Combustion conditions

Under standard conditions, that is, a temperature of 25 degrees and a pressure of 1 atmosphere, gases are not capable of conducting electric current. In order for an arc to form, it is necessary that the gases between the electrodes be ionized, that is, they contain various charged particles - electrons or ions (cations or anions). The process of formation of an ionized gas will be called ionization, and the work that must be spent on removing an electron from an atomic particle to form an electron and an ion will be called the ionization work, which is measured in electron volts and is called the ionization potential. Exactly what energy needs to be expended to remove an electron from an atom depends on the nature of the gas phase; values ​​can be from 3.5 to 25 eV. The metals of the alkali and alkaline earth groups – potassium, calcium and, accordingly, their chemical compounds – have the lowest ionization potential. Electrodes are coated with such compounds so that they contribute to the stable existence and burning of the welding arc.
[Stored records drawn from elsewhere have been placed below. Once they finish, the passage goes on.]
-- ===== src/E2e/Table.antt =====
-- What one step of e2eOpener does to its table, key by key.
use mathlib.Core.Option.{some-injective}
use apgo.Prelude.{
  ℕ, ◌+◌, ◌≤◌, ◌<◌, Bool, not, Option, none, some, inl, inr, ltb, leb, ltb→lt, ◌==◌, length,
  Bool-cases, ◌≡◌, refl, sym, ◌∙◌, subst, ap, arith,
}
use apgo.Prelude.Maps.{
  Key, lookup, insert, retain, Unique, lookup-insert, lookup-retain, length-insert,
  length-retain-le, insert-Unique, retain-Unique,
}
use apgo.Prelude.Text.{Text}
use apgo.E2e.{window_ok, window_mark}
use apgo.E2e.Bitmap.{IsBitmap, mark-IsBitmap}
use apgo.E2e.Opener.{
  e2e_recv_keep, e2e_max_recv_keys, E2eHeader, RecvState, Opener, recv_key, prune, make_room,
  store_new, store,
}

module _ {A : Type 0} where
  -- Distinct keys, no more than the limit, each with a well-formed window.
  pub record IsReceiver (o : Opener A) : Type 0 where
    pub unique : Unique o.m
    pub bounded : length o.m ≤ e2e_max_recv_keys
    pub windows : (k : Key) (st : RecvState A) → lookup k o.m ≡ some st → IsBitmap st.win

  -- What one call may do to the state of one key.
  pub data Change (now : ℕ) (before after : Option (RecvState A)) : Type 0 where
    kept : after ≡ before → Change now before after
    marked :
        (st : RecvState A) (n : ℕ)
        → before ≡ some st
        → after ≡ some (record st { win = window_mark st.win n })
        → Change now before after
    expired :
        (st : RecvState A)
        → before ≡ some st
        → st.ts + e2e_recv_keep < now
        → after ≡ none
        → Change now before after
    begun :
        (st : RecvState A)
        → before ≡ none
        → after ≡ some st
        → IsBitmap st.win
        → Change now before after

  prune-Change :
      (now : ℕ) (o : Opener A) (k : Key)
      → Unique o.m
      → Change now (lookup k o.m) (lookup k (prune now o).m)
  unfolding prune
  prune-Change now o k u = at (lookup k o.m) refl
    where
      rule : Key → RecvState A → Bool
      rule j v = not (ltb (v.ts + e2e_recv_keep) now)

      at :
          (b : Option (RecvState A))
          → lookup k o.m ≡ b
          → Change now (lookup k o.m) (lookup k (retain rule o.m))
      at none e = kept (lookup-retain rule k o.m u ∙ rw e (sym refl))
      at (some st) e = elim (Bool-cases (ltb (st.ts + e2e_recv_keep) now)) [
        | inl old ↦ expired st e (ltb→lt _ _ old) (lookup-retain rule k o.m u ∙ rw (e, old) refl)
        | inr young ↦ kept (lookup-retain rule k o.m u ∙ rw (e, young) refl)
      ]

  pub change_window :
      (now : ℕ) (b a : Option (RecvState A))
      → Change now b a
      → ((st : RecvState A) → b ≡ some st → IsBitmap st.win)
      → (st : RecvState A) → a ≡ some st
      → IsBitmap st.win
  change_window now b a (kept e) w st h = w st (sym e ∙ h)
  change_window now b a (marked old n e f) w st h =
      subst (λ (s : RecvState A). IsBitmap s.win) (some-injective _ _ (sym f ∙ h))
        (mark-IsBitmap old.win n (w old e))
  change_window now b a (expired old e t f) w st h = absurd (ground (arith, sym f ∙ h))
  change_window now b a (begun new e f v) w st h =
      subst (λ (s : RecvState A). IsBitmap s.win) (some-injective _ _ (sym f ∙ h)) v

  -- A write of one key, seen from any key.
  insert-Change :
      (now : ℕ) (o : Opener A) (at k : Key) (st : RecvState A)
      → Change now (lookup at o.m) (some st)
      → Change now (lookup k o.m) (lookup k (insert at st o.m))
  insert-Change now o at k st c = elim (Bool-cases (at == k)) [
    | inl same ↦
        let e : at ≡ k = ground (arith, same) in
        rw (lookup-insert at k st o.m, same)
          (subst (λ (j : Key). Change now (lookup j o.m) (some st)) e c)
    | inr far ↦ kept (lookup-insert at k st o.m ∙ rw far refl)
  ]

  make_room-Change :
      (now : ℕ) (o : Opener A) (k : Key)
      → Unique o.m
      → Change now (lookup k o.m) (lookup k (make_room now o).m)
  unfolding make_room lookup
  make_room-Change now o k u = elim (Bool-cases (leb e2e_max_recv_keys (length o.m))) [
    | inl full ↦ rw (make_room, full) (prune-Change now o k u)
    | inr room ↦ rw (make_room, room) (kept refl)
  ]

  begin-Change :
      (now : ℕ) (o : Opener A) (at k : Key) (fresh : RecvState A)
      → Unique o.m
      → lookup at o.m ≡ none
      → IsBitmap fresh.win
      → Change now (lookup k o.m) (lookup k (insert at fresh (make_room now o).m))
  begin-Change now o at k fresh u missing w = elim (Bool-cases (at == k)) [
    | inl same ↦
        let e : at ≡ k = ground (arith, same) in
        begun fresh (ap (λ j. lookup j o.m) (sym e) ∙ missing)
          (lookup-insert at k fresh (make_room now o).m ∙ rw same refl) w
    | inr far ↦
        let untouched : lookup k (insert at fresh (make_room now o).m)
            ≡ lookup k (make_room now o).m =
          lookup-insert at k fresh (make_room now o).m ∙ rw far refl in
        rw untouched (make_room-Change now o k u)
  ]

  -- What one call may do to the table.
  pub record Moves (now : ℕ) (o p : Opener A) : Type 0 where
    pub unique : Unique p.m
    pub bounded : length p.m ≤ e2e_max_recv_keys
    pub change : (k : Key) → Change now (lookup k o.m) (lookup k p.m)

  pub stays : (now : ℕ) (o : Opener A) → IsReceiver o → Moves now o o
  stays now o v = record { unique = v.unique; bounded = v.bounded; change = λ k. kept refl }

  pub rewrites :
      (now : ℕ) (o : Opener A) (at : Key) (old new : RecvState A)
      → IsReceiver o
      → lookup at o.m ≡ some old
      → Change now (some old) (some new)
      → Moves now o (record { m = insert at new o.m })
  rewrites now o at old new v e c = record {
    unique = insert-Unique at new o.m v.unique;
    bounded = rw (length-insert at new o.m, e) v.bounded;
    change = λ k. insert-Change now o at k new (subst (λ b. Change now b (some new)) (sym e) c);
  }

  pub prune-Moves : (now : ℕ) (o : Opener A) → IsReceiver o → Moves now o (prune now o)
  unfolding prune
  prune-Moves now o v = record {
    unique = retain-Unique _ o.m v.unique;
    bounded =
        omega
          (arith, v.bounded, length-retain-le (λ j st. not (ltb (st.ts + e2e_recv_keep) now)) o.m);
    change = λ k. prune-Change now o k v.unique;
  }

  make_room-Moves : (now : ℕ) (o : Opener A) → IsReceiver o → Moves now o (make_room now o)
  unfolding make_room
  make_room-Moves now o v = elim (Bool-cases (leb e2e_max_recv_keys (length o.m))) [
    | inl full ↦ rw full (prune-Moves now o v)
    | inr room ↦ rw room (stays now o v)
  ]

  store_new-Moves :
      (now : ℕ) (h : E2eHeader) (fresh : RecvState A) (pt : Text) (o : Opener A)
      → IsReceiver o
      → lookup (recv_key h) o.m ≡ none
      → IsBitmap fresh.win
      → Moves now o (store_new now h fresh pt o).0
  unfolding store_new
  store_new-Moves now h fresh pt o v missing w =
      let room = make_room now o in
      let made = make_room-Moves now o v in
      elim (Bool-cases (leb e2e_max_recv_keys (length room.m))) [
        | inl full ↦ rw full made
        | inr fits ↦ rw fits (record {
          unique = insert-Unique (recv_key h) fresh room.m made.unique;
          bounded = ground (arith, length-insert (recv_key h) fresh room.m, made.bounded, fits);
          change = λ k. begin-Change now o (recv_key h) k fresh v.unique missing w;
        })
      ]

  pub store-Moves :
      (now : ℕ) (h : E2eHeader) (fresh : RecvState A) (pt : Text) (o : Opener A)
      → IsReceiver o
      → IsBitmap fresh.win
      → Moves now o (store now h fresh pt o).0
  unfolding store
  store-Moves now h fresh pt o v w = at (lookup (recv_key h) o.m) refl
    where
      at :
          (b : Option (RecvState A))
          → lookup (recv_key h) o.m ≡ b
          → Moves now o (store now h fresh pt o).0
      at none e = rw (store, e) (store_new-Moves now h fresh pt o v e w)
      at (some cur) e = elim (Bool-cases (window_ok cur.win h.ctr)) [
        | inl new ↦
            rw (store, e, new) (rewrites now o (recv_key h) cur _ v e (marked cur h.ctr refl refl))
        | inr old ↦ rw (store, e, old) (stays now o v)
      ]
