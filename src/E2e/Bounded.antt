-- ===== src/E2e/Bounded.antt =====
-- client/e2erelay.go: the lemmas on the bounds of e2eOpener's table.
use apgo.Prelude.{
  ℕ, ◌*◌, List, [], ◌∷◌, Option, none, some, ◌⊎◌, inl, inr, Bool-cases, ◌≡◌, refl, ap, arith,
}
use apgo.Prelude.Maps.{lookup}
use apgo.Prelude.Text.{Text, text_eq}
use apgo.E2e.{window_mark}
use apgo.E2e.Bitmap.{IsBitmap, mark-IsBitmap, no_window-IsBitmap}
use apgo.E2e.Opener.{
  second, E2eHeader, E2eCrypto, E2eError, RecvState, Opener, E2eCall, Opened, opened, refused,
  recv_key, is_stale, E2eStep, arrives, prunes, time, open_locked, derive_key, store_opened,
  fresh_state, open_derived, open_at, open_parsed, open_read, parse_e2e, step, run,
}
use apgo.E2e.Table.{
  IsReceiver, kept, marked, Moves, change_window, stays, rewrites, store-Moves, prune-Moves,
}

module _ {A : Type 0} (x : E2eCrypto A) where
  pub moved-IsReceiver : (now : ℕ) (o p : Opener A) → IsReceiver o → Moves now o p → IsReceiver p
  moved-IsReceiver now o p v t = record {
    unique = t.unique;
    bounded = t.bounded;
    windows =
        λ k st e. change_window now (lookup k o.m) (lookup k p.m) (t.change k) (v.windows k) st e;
  }

  -- A state after `openLocked`: as it was, or with the counter marked.
  open_locked-cases :
      (st : RecvState A) (body ct : Text) (h : E2eHeader)
      → ((open_locked x st body ct h).0 ≡ st)
        ⊎ ((open_locked x st body ct h).0 ≡ record st { win = window_mark st.win h.ctr })
  unfolding open_locked
  open_locked-cases st body ct h = ground arith

  open_locked-IsBitmap :
      (st : RecvState A) (body ct : Text) (h : E2eHeader)
      → IsBitmap st.win
      → IsBitmap (open_locked x st body ct h).0.win
  open_locked-IsBitmap st body ct h w = elim (open_locked-cases st body ct h) [
    | inl same ↦ rw same w
    | inr moved ↦ rw moved (mark-IsBitmap st.win h.ctr w)
  ]

  store_opened-Moves :
      (now : ℕ) (h : E2eHeader) (o : Opener A) (st : RecvState A) (r : Opened)
      → IsReceiver o
      → IsBitmap st.win
      → Moves now o (store_opened x now h o st r).0
  unfolding store_opened
  store_opened-Moves now h o st (opened g pt) v w = store-Moves now h st pt o v w
  store_opened-Moves now h o st (refused g e) v w = stays now o v

  open_derived-Moves :
      (c : E2eCall) (h : E2eHeader) (ct : Text) (o : Opener A) (d : E2eError ⊎ A)
      → IsReceiver o
      → Moves c.now o (open_derived x c h ct o d).0
  unfolding open_derived
  open_derived-Moves c h ct o (inl e) v = stays c.now o v
  open_derived-Moves c h ct o (inr aead) v =
      store_opened-Moves c.now h o _ _ v
        (open_locked-IsBitmap (fresh_state x aead h) c.body ct h no_window-IsBitmap)

  open_at-Moves :
      (c : E2eCall) (h : E2eHeader) (ct : Text) (o : Opener A) (b : Option (RecvState A))
      → IsReceiver o
      → lookup (recv_key h) o.m ≡ b
      → Moves c.now o (open_at x c h ct o b).0
  unfolding open_at
  open_at-Moves c h ct o none v e = open_derived-Moves c h ct o (derive_key x c h) v
  open_at-Moves c h ct o (some st) v e =
      rewrites c.now o (recv_key h) st _ v e (elim (open_locked-cases st c.body ct h) [
        | inl same ↦ kept (ap some same)
        | inr moved ↦ marked st h.ctr refl (ap some moved)
      ])

  open_parsed-Moves :
      (c : E2eCall) (h : E2eHeader) (ct : Text) (o : Opener A)
      → IsReceiver o
      → Moves c.now o (open_parsed x c h ct o).0
  unfolding open_parsed
  open_parsed-Moves c h ct o v = elim (Bool-cases (text_eq h.sender x.self_pub)) [
    | inl own ↦ rw own (stays c.now o v)
    | inr other ↦ elim (Bool-cases (is_stale c.now (h.ts * second))) [
      | inl late ↦ rw (other, late) (stays c.now o v)
      | inr timely ↦ rw (other, timely) (open_at-Moves c h ct o (lookup (recv_key h) o.m) v refl)
    ]
  ]

  pub open_read-Moves :
      (c : E2eCall) (o : Opener A) (p : E2eError ⊎ (E2eHeader × Text))
      → IsReceiver o
      → Moves c.now o (open_read x c o p).0
  unfolding open_read
  open_read-Moves c o (inl e) v = stays c.now o v
  open_read-Moves c o (inr (h, ct)) v = open_parsed-Moves c h ct o v

  pub step-Moves : (o : Opener A) (s : E2eStep) → IsReceiver o → Moves (time s) o (step x o s)
  unfolding step
  step-Moves o (arrives c) v = open_read-Moves c o (parse_e2e c.body) v
  step-Moves o (prunes now) v = prune-Moves now o v

  pub step-IsReceiver : (o : Opener A) (s : E2eStep) → IsReceiver o → IsReceiver (step x o s)
  step-IsReceiver o s v = moved-IsReceiver (time s) o (step x o s) v (step-Moves o s v)

  -- Whatever frames arrive and whenever the table is pruned, its keys stay distinct and at most 8192,
  -- and every window well formed.
  pub run-IsReceiver : (ss : List E2eStep) (o : Opener A) → IsReceiver o → IsReceiver (run x o ss)
  unfolding run
  run-IsReceiver [] o v = v
  run-IsReceiver (s ∷ ss) o v = run-IsReceiver ss (step x o s) (step-IsReceiver o s v)
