-- ===== src/E2e/Sealer.antt =====
-- client/e2erelay.go: e2eSealer, which seals the payloads of one node under short-lived keys.
-- The random source, X25519, the key derivation and the AEAD are parameters.
use apgo.Prelude.{
  ℕ, ◌+◌, ◌%◌, ◌^◌, Bool, ◌&&◌, List, [], ◌∷◌, ◌++◌, Option, none, some, ltb, leb, if◌then◌else◌,
  length, replicate, ◌>>=◌, ◌/◌,
}
use apgo.Prelude.Maps.{Assoc, Key, lookup, insert, retain}
use apgo.Prelude.Text.{Text, text_key, put_be, codes}
use apgo.E2e.Opener.{second, e2e_rotate, e2e_version, e2e_ad}

abbrev pub e2e_max_packets : ℕ
e2e_max_packets = 2 ^ 32

abbrev pub e2e_max_send_keys : ℕ
e2e_max_send_keys = 1024

pub record SendState (A : Type 0) : Type 0 where
  pub eph : Text
  pub ts : ℕ
  pub born : ℕ
  pub aead : A
  pub ctr : ℕ

pub record Sealer (A : Type 0) : Type 0 where
  pub m : Assoc (SendState A)

abbrev pub new_sealer : {A : Type 0} → Sealer A
new_sealer = record { m = [] }

-- The identifier and the value of a post-quantum secret.
pub record E2ePqSecret : Type 0 where
  pub id : Text
  pub ss : Text

pub record SealCrypto (A : Type 0) : Type 0 where
  pub self_pub : Text
  -- The public key of a private key, and X25519 of a private key and a public key.
  pub base : Text → Option Text
  pub dh : Text → Text → Option Text
  -- X25519 with the node's own private key.
  pub self_dh : Text → Option Text
  -- `e2eDeriveAEAD` on the two secrets, the post-quantum secret, the recipient, the ephemeral key
  -- and the identifier of the secret.
  pub derive : Text → Text → Option Text → Text → Text → Text → Option A
  pub seal_aead : A → ℕ → Text → Text → Text

-- One call of `seal`; `drawn` is the ephemeral private key that it would read from the random source.
pub record SealCall : Type 0 where
  pub to : Text
  pub dst : Text
  pub src : Text
  pub pq : Option E2ePqSecret
  pub payload : Text
  pub now : ℕ
  pub drawn : Option Text

unfoldable pub pqid_of : Option E2ePqSecret → Text
pqid_of none = replicate 4 0
pqid_of (some p) = p.id

unfoldable pub pqss_of : Option E2ePqSecret → Option Text
pqss_of none = none
pqss_of (some p) = some p.ss

unfoldable pub send_key : SealCall → Key
send_key c = text_key (c.to ++ pqid_of c.pq)

-- What leaves the node, with the key and the counter it was sealed under.
pub record Sent : Type 0 where
  pub eph : Text
  pub ctr : ℕ
  pub frame : Text

module _ {A : Type 0} where
  -- `st != nil`, young enough and not used up.
  unfoldable pub is_usable : ℕ → SendState A → Bool
  is_usable now st = ltb now (st.born + e2e_rotate) && ltb st.ctr e2e_max_packets

  -- The loop that drops the first entry that it meets.
  unfoldable pub drop_one : Assoc (SendState A) → Assoc (SendState A)
  drop_one [] = []
  drop_one (e ∷ m) = m

  unfoldable pub drop_expired : ℕ → Assoc (SendState A) → Assoc (SendState A)
  drop_expired now m =
      let young = retain (λ k v. ltb now (v.born + e2e_rotate)) m in
      if leb e2e_max_send_keys (length young) then drop_one young else young

  unfoldable pub make_send_room : ℕ → Assoc (SendState A) → Assoc (SendState A)
  make_send_room now m = if leb e2e_max_send_keys (length m) then drop_expired now m else m

module _ {A : Type 0} (x : SealCrypto A) where
  -- The state of a new ephemeral key.
  unfoldable pub new_state : SealCall → Text → Option (SendState A)
  new_state c eph_priv = do
    eph ← x.base eph_priv
    dh1 ← x.dh eph_priv c.to
    dh2 ← x.self_dh c.to
    aead ← x.derive dh1 dh2 (pqss_of c.pq) c.to eph (pqid_of c.pq)
    some (record { eph = eph; ts = c.now / second % 2 ^ 32; born = c.now; aead = aead; ctr = 0 })

  -- `seal` under a state: the header and the ciphertext that follow the frame's type.
  unfoldable pub seal_header : SendState A → SealCall → ℕ → Text
  seal_header st c ctr =
      e2e_version
      ∷ 0
      ∷ (c.dst ++ c.src ++ x.self_pub ++ st.eph ++ put_be 4 st.ts ++ put_be 8 ctr ++ pqid_of c.pq)

  unfoldable pub seal_body : SendState A → SealCall → ℕ → Text
  seal_body st c ctr =
      let hdr = seal_header st c ctr in hdr ++ x.seal_aead st.aead ctr (e2e_ad hdr) c.payload

  -- The counter is taken, and the state it belongs to is stored.
  unfoldable pub seal_with : Sealer A → SealCall → SendState A → Sealer A × Option Sent
  seal_with z c st =
      let ctr = (st.ctr + 1) % 2 ^ 64 in
      (
        record { m = insert (send_key c) (record st { ctr = ctr }) z.m },
        some (record { eph = st.eph; ctr = ctr; frame = codes "OVLYCTL1Z" ++ seal_body st c ctr }),
      )

  unfoldable pub seal_new : Sealer A → SealCall → Sealer A × Option Sent
  seal_new z c = elim (c.drawn >>= new_state c) [
    | none ↦ (z, none)
    | some st ↦ seal_with (record { m = make_send_room c.now z.m }) c st
  ]

  unfoldable pub seal : Sealer A → SealCall → Sealer A × Option Sent
  seal z c = elim (lookup (send_key c) z.m) [
    | none ↦ seal_new z c
    | some st ↦ if is_usable c.now st then seal_with z c st else seal_new z c
  ]

  unfoldable pub with_sent : Option Sent → List Sent → List Sent
  with_sent none sent = sent
  with_sent (some p) sent = p ∷ sent

  -- What a sequence of calls sends.
  unfoldable pub seal_all : Sealer A → List SealCall → List Sent
  seal_all z [] = []
  seal_all z (c ∷ cs) = with_sent (seal z c).1 (seal_all (seal z c).0 cs)
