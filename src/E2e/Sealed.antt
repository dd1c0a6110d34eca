-- ===== src/E2e/Sealed.antt =====
-- client/e2erelay.go: the lemmas on the bytes of a frame, as parseE2E reads them.
use apgo.Prelude.{
  ℕ, ◌+◌, ◌≤◌, false, ◌∷◌, ◌++◌, inr, ltb, drop, length, length-append, take_prefix, drop_past, ◌≡◌,
  refl, arith,
}
use apgo.Prelude.Text.{Text, be_value}
use apgo.E2e.Opener.{e2e_overhead, E2eHeader, parse_e2e}

-- The bytes of a frame with the given fields.
abbrev pub wire : ℕ → (dst src sender eph ts ctr pqid ct : Text) → Text
wire hop dst src sender eph ts ctr pqid ct =
    1 ∷ hop ∷ (dst ++ (src ++ (sender ++ (eph ++ (ts ++ (ctr ++ (pqid ++ ct)))))))

module _ (hop : ℕ) (dst src sender eph ts ctr pqid ct : Text) (d : length dst ≡ 4)
    (s : length src ≡ 4) (k : length sender ≡ 32) (e : length eph ≡ 32) (t : length ts ≡ 4)
    (c : length ctr ≡ 8) (p : length pqid ≡ 4) where
  abbrev pub body : Text
  body = wire hop dst src sender eph ts ctr pqid ct

  pub length-wire : length body ≡ 90 + length ct
  length-wire = omega (
    arith,
    d,
    s,
    k,
    e,
    t,
    c,
    p,
    length-append dst (src ++ (sender ++ (eph ++ (ts ++ (ctr ++ (pqid ++ ct)))))),
    length-append src (sender ++ (eph ++ (ts ++ (ctr ++ (pqid ++ ct))))),
    length-append sender (eph ++ (ts ++ (ctr ++ (pqid ++ ct)))),
    length-append eph (ts ++ (ctr ++ (pqid ++ ct))),
    length-append ts (ctr ++ (pqid ++ ct)),
    length-append ctr (pqid ++ ct),
    length-append pqid ct,
  )

  from_src : drop 6 body ≡ src ++ (sender ++ (eph ++ (ts ++ (ctr ++ (pqid ++ ct)))))
  from_src =
      drop_past 2 4 body dst (src ++ (sender ++ (eph ++ (ts ++ (ctr ++ (pqid ++ ct)))))) d refl

  from_sender : drop 10 body ≡ sender ++ (eph ++ (ts ++ (ctr ++ (pqid ++ ct))))
  from_sender = drop_past 6 4 body src (sender ++ (eph ++ (ts ++ (ctr ++ (pqid ++ ct))))) s from_src

  from_eph : drop 42 body ≡ eph ++ (ts ++ (ctr ++ (pqid ++ ct)))
  from_eph = drop_past 10 32 body sender (eph ++ (ts ++ (ctr ++ (pqid ++ ct)))) k from_sender

  from_ts : drop 74 body ≡ ts ++ (ctr ++ (pqid ++ ct))
  from_ts = drop_past 42 32 body eph (ts ++ (ctr ++ (pqid ++ ct))) e from_eph

  from_ctr : drop 78 body ≡ ctr ++ (pqid ++ ct)
  from_ctr = drop_past 74 4 body ts (ctr ++ (pqid ++ ct)) t from_ts

  from_pqid : drop 86 body ≡ pqid ++ ct
  from_pqid = drop_past 78 8 body ctr (pqid ++ ct) c from_ctr

  from_ct : drop 90 body ≡ ct
  from_ct = drop_past 86 4 body pqid ct p from_pqid

  abbrev pub read_header : E2eHeader
  read_header = record {
    hop = hop;
    dst = dst;
    src = src;
    sender = sender;
    eph = eph;
    ts = be_value ts 0;
    ctr = be_value ctr 0;
    pqid = pqid;
  }

  pub parse_e2e-wire : 16 ≤ length ct → parse_e2e body ≡ inr (read_header, ct)
  unfolding parse_e2e
  parse_e2e-wire long =
      let enough : ltb (length body) e2e_overhead ≡ false = ground (arith, length-wire) in
      rw (enough, from_src, from_sender, from_eph, from_ts, from_ctr, from_pqid, from_ct)
        (rw
          (
            take_prefix 4 dst _ d,
            take_prefix 4 src _ s,
            take_prefix 32 sender _ k,
            take_prefix 32 eph _ e,
            take_prefix 4 ts _ t,
            take_prefix 8 ctr _ c,
            take_prefix 4 pqid _ p,
          )
          refl)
Also, for the arc to occur and burn, a constant temperature is required at the cathode, which depends on the nature of the cathode, its diameter, size and temperature environment. The temperature of the electric arc must therefore be constant and not fluctuate; thanks to the enormous current values, the temperature can reach 7 thousand degrees, thus absolutely all materials can be connected by welding. A constant temperature is ensured by a properly functioning power supply, so its choice when designing welding machine very important, it affects the properties of the arc.

Emergence

It occurs during a rapid short circuit, that is, when the electrode comes into contact with the surface of the material being welded, due to the colossal temperature, the surface of the material melts, and a small strip of molten material forms between the electrode and the surface. By the time the electrode and the material being welded diverge, a neck of material is formed, which instantly breaks and evaporates due to the high current density. The gas becomes ionized and an electric arc occurs. You can excite her by touching or scratching.

Peculiarities

It has the following features compared to other electric charges:

• High current density, which reaches several thousand amperes per square centimeter, due to which very heat;
• Uneven distribution of the electric field in the space between the electrodes. Near the electrodes the voltage drop is very high, when in the column it is the opposite;
• Huge temperature, which reaches the highest values ​​in the column due to the high current density. As the length of the column increases, the temperature decreases, and when it narrows, on the contrary, it increases;
• Using welding arcs, you can obtain a wide variety of current-voltage characteristics - the dependence of the voltage drop on the current density at a constant length, that is, steady combustion. On this moment There are three current-voltage characteristics.

The first is falling, when with an increase in strength and, accordingly, current density, the voltage drops. The second is hard, when a change in current does not affect the voltage value in any way, and the third is increasing, when as the current increases, the voltage also increases.

Thus, the welding arc can be called the best and most reliable way of fastening metal structures. The welding process has a major impact on today's industry because only the high temperature of the welding arc is capable of holding most metals together. To obtain high-quality and reliable seams, it is necessary to correctly and correctly take into account all the characteristics of the arc, monitor all values, thanks to this the procedure will be quick and most effective. It is also necessary to take into account the properties of the arc: current density, temperature and voltage.